→ Task objective: Only the first line of the listing and the lines after it, up to and including the one containing "unfolding amount0_delta", should be retyped exactly.

→ Information provided:

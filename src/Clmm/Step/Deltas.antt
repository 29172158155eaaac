-- ===== src/Clmm/Step/Deltas.antt =====
-- quote/clmm.rs: theorems on the amounts between two prices, and on the price an input moves to.
use flow_trades_solana.Base.{
  ℕ, ◌+◌, ◌-◌, ◌*◌, ◌/◌, ◌^◌, ◌≤◌, ◌<◌, ◌≡◌, sym, ap, subst, ◌∙◌, min, max, Bool, true, false, some,
  u128_max, arith, inl, inr, ◌⊎◌, Option-cases, Bool-cases, div_ceil, if◌then◌else◌, ◌==◌,
  mul-le-mul_right,
}
use flow_trades_solana.Base.Arith.{div-mul-le, le-div_ceil-mul, div_ceil-le}
use flow_trades_solana.Clmm.Wide.{wide_mul, mul_div_256, mul_div_floor}
use flow_trades_solana.Clmm.Wide.Laws.{
  wide_mul_lem, quotient, mul_div_256_inversion, mul_div_floor_lem, mul_div_ceil_lem,
  mul_div_floor-le,
}
use flow_trades_solana.Clmm.Price.{q64}
use flow_trades_solana.Clmm.Step.{
  amount0_delta, amount1_delta, next_sqrt_price_from_input, deltas_to,
}

amount0_lem :
    (lo hi l : ℕ) (up : Bool) {q : ℕ}
    → lo ≤ hi
    → hi ≤ u128_max
    → l ≤ u128_max
    → amount0_delta lo hi l up ≡ some q
    → (0 < lo * hi) × (q ≡ quotient (l * (hi - lo) * 2 ^ 64) (lo * hi) up)
unfolding amount0_delta
amount0_lem lo hi l up {q = q} le hb lb h =
    let lower : min lo hi ≡ lo = omega arith in
    let upper : max lo hi ≡ hi = omega arith in
    let n = wide_mul l (max lo hi - min lo hi) in
    let d = wide_mul (min lo hi) (max lo hi) in
    let raw : mul_div_256 n (2 ^ 64) d up ≡ some q =
      elim (Option-cases (mul_div_256 n (2 ^ 64) d up)) [
        | inl e ↦ ground arith
        | inr (x, e) ↦ ground arith
      ] in
    let num : n ≡ l * (hi - lo) =
      ap (λ t. wide_mul l t) (ap (λ t. max lo hi - t) lower ∙ ap (λ t. t - lo) upper)
      ∙ wide_mul_lem l (hi - lo) lb (omega arith) in
    let den : d ≡ lo * hi =
      ap (λ t. wide_mul t (max lo hi)) lower
      ∙ ap (λ t. wide_mul lo t) upper
      ∙ wide_mul_lem lo hi (omega arith) hb in
    let (pos, eq) = mul_div_256_inversion n (2 ^ 64) d up raw in
    (
      subst (λ t. 0 < t) den pos,
      eq
          ∙ ap (λ t. quotient (t * 2 ^ 64) d up) num
          ∙ ap (λ t. quotient (l * (hi - lo) * 2 ^ 64) t up) den,
    )

amount1_lem :
    (lo hi l : ℕ) (up : Bool) {q : ℕ}
    → lo ≤ hi
    → hi ≤ u128_max
    → l ≤ u128_max
    → amount1_delta lo hi l up ≡ some q
    → q ≡ quotient (l * (hi - lo)) (2 ^ 64) up
unfolding amount1_delta
amount1_lem lo hi l up le hb lb h =
    let lower : min lo hi ≡ lo = omega arith in
    let upper : max lo hi ≡ hi = omega arith in
    ground (arith, mul_div_ceil_lem l (hi - lo) q64 lb, mul_div_floor_lem l (hi - lo) q64 lb)

-- The liquidity `l` over the move between `lo` and `hi`: the input `x` pays for it, and the output `o` is
-- paid for by it. Down the input is the first token, up it is the second.
pub record Paid (down : Bool) (l lo hi x o : ℕ) : Type 0 where
  pub input : if down then l * (hi - lo) * 2 ^ 64 ≤ x * (lo * hi) else l * (hi - lo) ≤ x * 2 ^ 64
  pub output : if down then o * 2 ^ 64 ≤ l * (hi - lo) else o * (lo * hi) ≤ l * (hi - lo) * 2 ^ 64

pub deltas_down :
    (lo hi l : ℕ) {x o : ℕ}
    → lo ≤ hi
    → hi ≤ u128_max
    → l ≤ u128_max
    → deltas_to hi lo l true ≡ some (x, o)
    → (0 < lo * hi)
      × (x ≡ div_ceil (l * (hi - lo) * 2 ^ 64) (lo * hi))
      × (o ≡ l * (hi - lo) / 2 ^ 64)
unfolding deltas_to
deltas_down lo hi l le hb lb h = elim (Option-cases (amount0_delta lo hi l true)) [
  | inl e ↦ ground arith
  | inr (i, e) ↦ elim (Option-cases (amount1_delta lo hi l false)) [
    | inl e1 ↦ ground arith
    | inr (j, e1) ↦
        ground (arith, amount0_lem lo hi l true le hb lb e, amount1_lem lo hi l false le hb lb e1)
  ]
]

pub deltas_up :
    (lo hi l : ℕ) {x o : ℕ}
    → lo ≤ hi
    → hi ≤ u128_max
    → l ≤ u128_max
    → deltas_to lo hi l false ≡ some (x, o)
    → (0 < lo * hi)
      × (x ≡ div_ceil (l * (hi - lo)) (2 ^ 64))
      × (o ≡ l * (hi - lo) * 2 ^ 64 / (lo * hi))
unfolding deltas_to
deltas_up lo hi l le hb lb h = elim (Option-cases (amount1_delta lo hi l true)) [
  | inl e ↦ ground arith
  | inr (i, e) ↦ elim (Option-cases (amount0_delta lo hi l false)) [
    | inl e1 ↦ ground arith
    | inr (j, e1) ↦
        ground (arith, amount0_lem lo hi l false le hb lb e1, amount1_lem lo hi l true le hb lb e)
  ]
]

pub Paid-down :
    (lo hi l : ℕ) {x o : ℕ}
    → lo ≤ hi
    → hi ≤ u128_max
    → l ≤ u128_max
    → deltas_to hi lo l true ≡ some (x, o)
    → Paid true l lo hi x o
Paid-down lo hi l {x = x} {o = o} le hb lb h =
    let (pos, ex, eo) = deltas_down lo hi l le hb lb h in
    let covers : l * (hi - lo) * 2 ^ 64 ≤ x * (lo * hi) =
      rw ex (le-div_ceil-mul (l * (hi - lo) * 2 ^ 64) (lo * hi) pos) in
    let covered : o * 2 ^ 64 ≤ l * (hi - lo) = rw eo (div-mul-le (l * (hi - lo)) (2 ^ 64)) in
    record { input = covers; output = covered }

pub Paid-up :
    (lo hi l : ℕ) {x o : ℕ}
    → lo ≤ hi
    → hi ≤ u128_max
    → l ≤ u128_max
    → deltas_to lo hi l false ≡ some (x, o)
    → Paid false l lo hi x o
Paid-up lo hi l {x = x} {o = o} le hb lb h =
    let (pos, ex, eo) = deltas_up lo hi l le hb lb h in
    let covers : l * (hi - lo) ≤ x * 2 ^ 64 =
      rw ex (le-div_ceil-mul (l * (hi - lo)) (2 ^ 64) (omega arith)) in
    let covered : o * (lo * hi) ≤ l * (hi - lo) * 2 ^ 64 =
      rw eo (div-mul-le (l * (hi - lo) * 2 ^ 64) (lo * hi)) in
    record { input = covers; output = covered }

covered_down :
    (p l x m : ℕ)
    → m ≤ p
    → l * 2 ^ 64 * p ≤ m * (l * 2 ^ 64 + x * p)
    → l * (p - m) * 2 ^ 64 ≤ x * (m * p)
covered_down p l x m le h =
    let back : p ≡ p - m + m = omega arith in omega (arith, h, ap (λ (t : ℕ). l * t) back)

-- The new price down: not above the old one, and no further than the input pays for.
pub next_down :
    (p l x : ℕ) {n : ℕ}
    → p ≤ u128_max
    → x ≤ u128_max
    → next_sqrt_price_from_input p l x true ≡ some n
    → (n ≤ p) × (l * (p - n) * 2 ^ 64 ≤ x * (n * p))
unfolding next_sqrt_price_from_input
next_down p l x {n = n} pb xb h =
    let d = l * 2 ^ 64 + wide_mul x p in
    let w : d ≡ l * 2 ^ 64 + x * p = ap (λ t. l * 2 ^ 64 + t) (wide_mul_lem x p xb pb) in
    elim (Bool-cases (x == 0)) [
      | inl e ↦
          let same : n ≡ p = ground arith in
          let none_left : p - n ≡ 0 = omega arith in (omega arith, rw none_left (omega arith))
      | inr e ↦ elim (Option-cases (mul_div_256 (l * 2 ^ 64) p d true)) [
        | inl e1 ↦ ground arith
        | inr (m, e1) ↦
            let (pos, eq) = mul_div_256_inversion (l * 2 ^ 64) p d true e1 in
            let same : n ≡ m = ground arith in
            let up : l * 2 ^ 64 * p ≤ m * d = rw eq (le-div_ceil-mul (l * 2 ^ 64 * p) d pos) in
            let fits : l * 2 ^ 64 * p ≤ p * d =
              subst (λ t. l * 2 ^ 64 * p ≤ p * t) (sym w) (omega arith) in
            let le : m ≤ p = rw eq (div_ceil-le (l * 2 ^ 64 * p) d p pos fits) in
            rw same (le, covered_down p l x m le (subst (λ t. l * 2 ^ 64 * p ≤ m * t) w up))
      ]
    ]

pub next_up :
    (p l x : ℕ) {n : ℕ}
    → next_sqrt_price_from_input p l x false ≡ some n
    → (p ≤ n) × (l * (n - p) ≤ x * 2 ^ 64) × (n ≤ u128_max ⊎ (n ≡ p))
unfolding next_sqrt_price_from_input
next_up p l x {n = n} h = elim (Bool-cases (x == 0)) [
  | inl e ↦
      let same : n ≡ p = ground arith in
      let none_left : n - p ≡ 0 = omega arith in (omega arith, rw none_left (omega arith), inr same)
  | inr e ↦ elim (Option-cases (mul_div_floor x q64 l)) [
    | inl e1 ↦ ground arith
    | inr (q, e1) ↦
        let (pos, le) = mul_div_floor-le x q64 l e1 in
        let fits : n ≤ u128_max = ground arith in
        let rise : n ≡ p + q = ground arith in
        let step : n - p ≡ q = omega arith in
        let few : q * l ≤ x * q64 = omega (arith, mul-le-mul_right l le, div-mul-le (x * q64) l) in
        (omega arith, rw step (omega (arith, few)), inl fits)
  ]
]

→ Finished task:
filename src/Clmm/Step/Deltas.antt
repository 29172158155eaaac
-- ===== src/Clmm/Step/Deltas.antt =====
-- quote/clmm.rs: theorems on the amounts between two prices, and on the price an input moves to.
use flow_trades_solana.Base.{
  ℕ, ◌+◌, ◌-◌, ◌*◌, ◌/◌, ◌^◌, ◌≤◌, ◌<◌, ◌≡◌, sym, ap, subst, ◌∙◌, min, max, Bool, true, false, some,
  u128_max, arith, inl, inr, ◌⊎◌, Option-cases, Bool-cases, div_ceil, if◌then◌else◌, ◌==◌,
  mul-le-mul_right,
}
use flow_trades_solana.Base.Arith.{div-mul-le, le-div_ceil-mul, div_ceil-le}
use flow_trades_solana.Clmm.Wide.{wide_mul, mul_div_256, mul_div_floor}
use flow_trades_solana.Clmm.Wide.Laws.{
  wide_mul_lem, quotient, mul_div_256_inversion, mul_div_floor_lem, mul_div_ceil_lem,
  mul_div_floor-le,
}
use flow_trades_solana.Clmm.Price.{q64}
use flow_trades_solana.Clmm.Step.{
  amount0_delta, amount1_delta, next_sqrt_price_from_input, deltas_to,
}

amount0_lem :
    (lo hi l : ℕ) (up : Bool) {q : ℕ}
    → lo ≤ hi
    → hi ≤ u128_max
    → l ≤ u128_max
    → amount0_delta lo hi l up ≡ some q
    → (0 < lo * hi) × (q ≡ quotient (l * (hi - lo) * 2 ^ 64) (lo * hi) up)
unfolding amount0_delta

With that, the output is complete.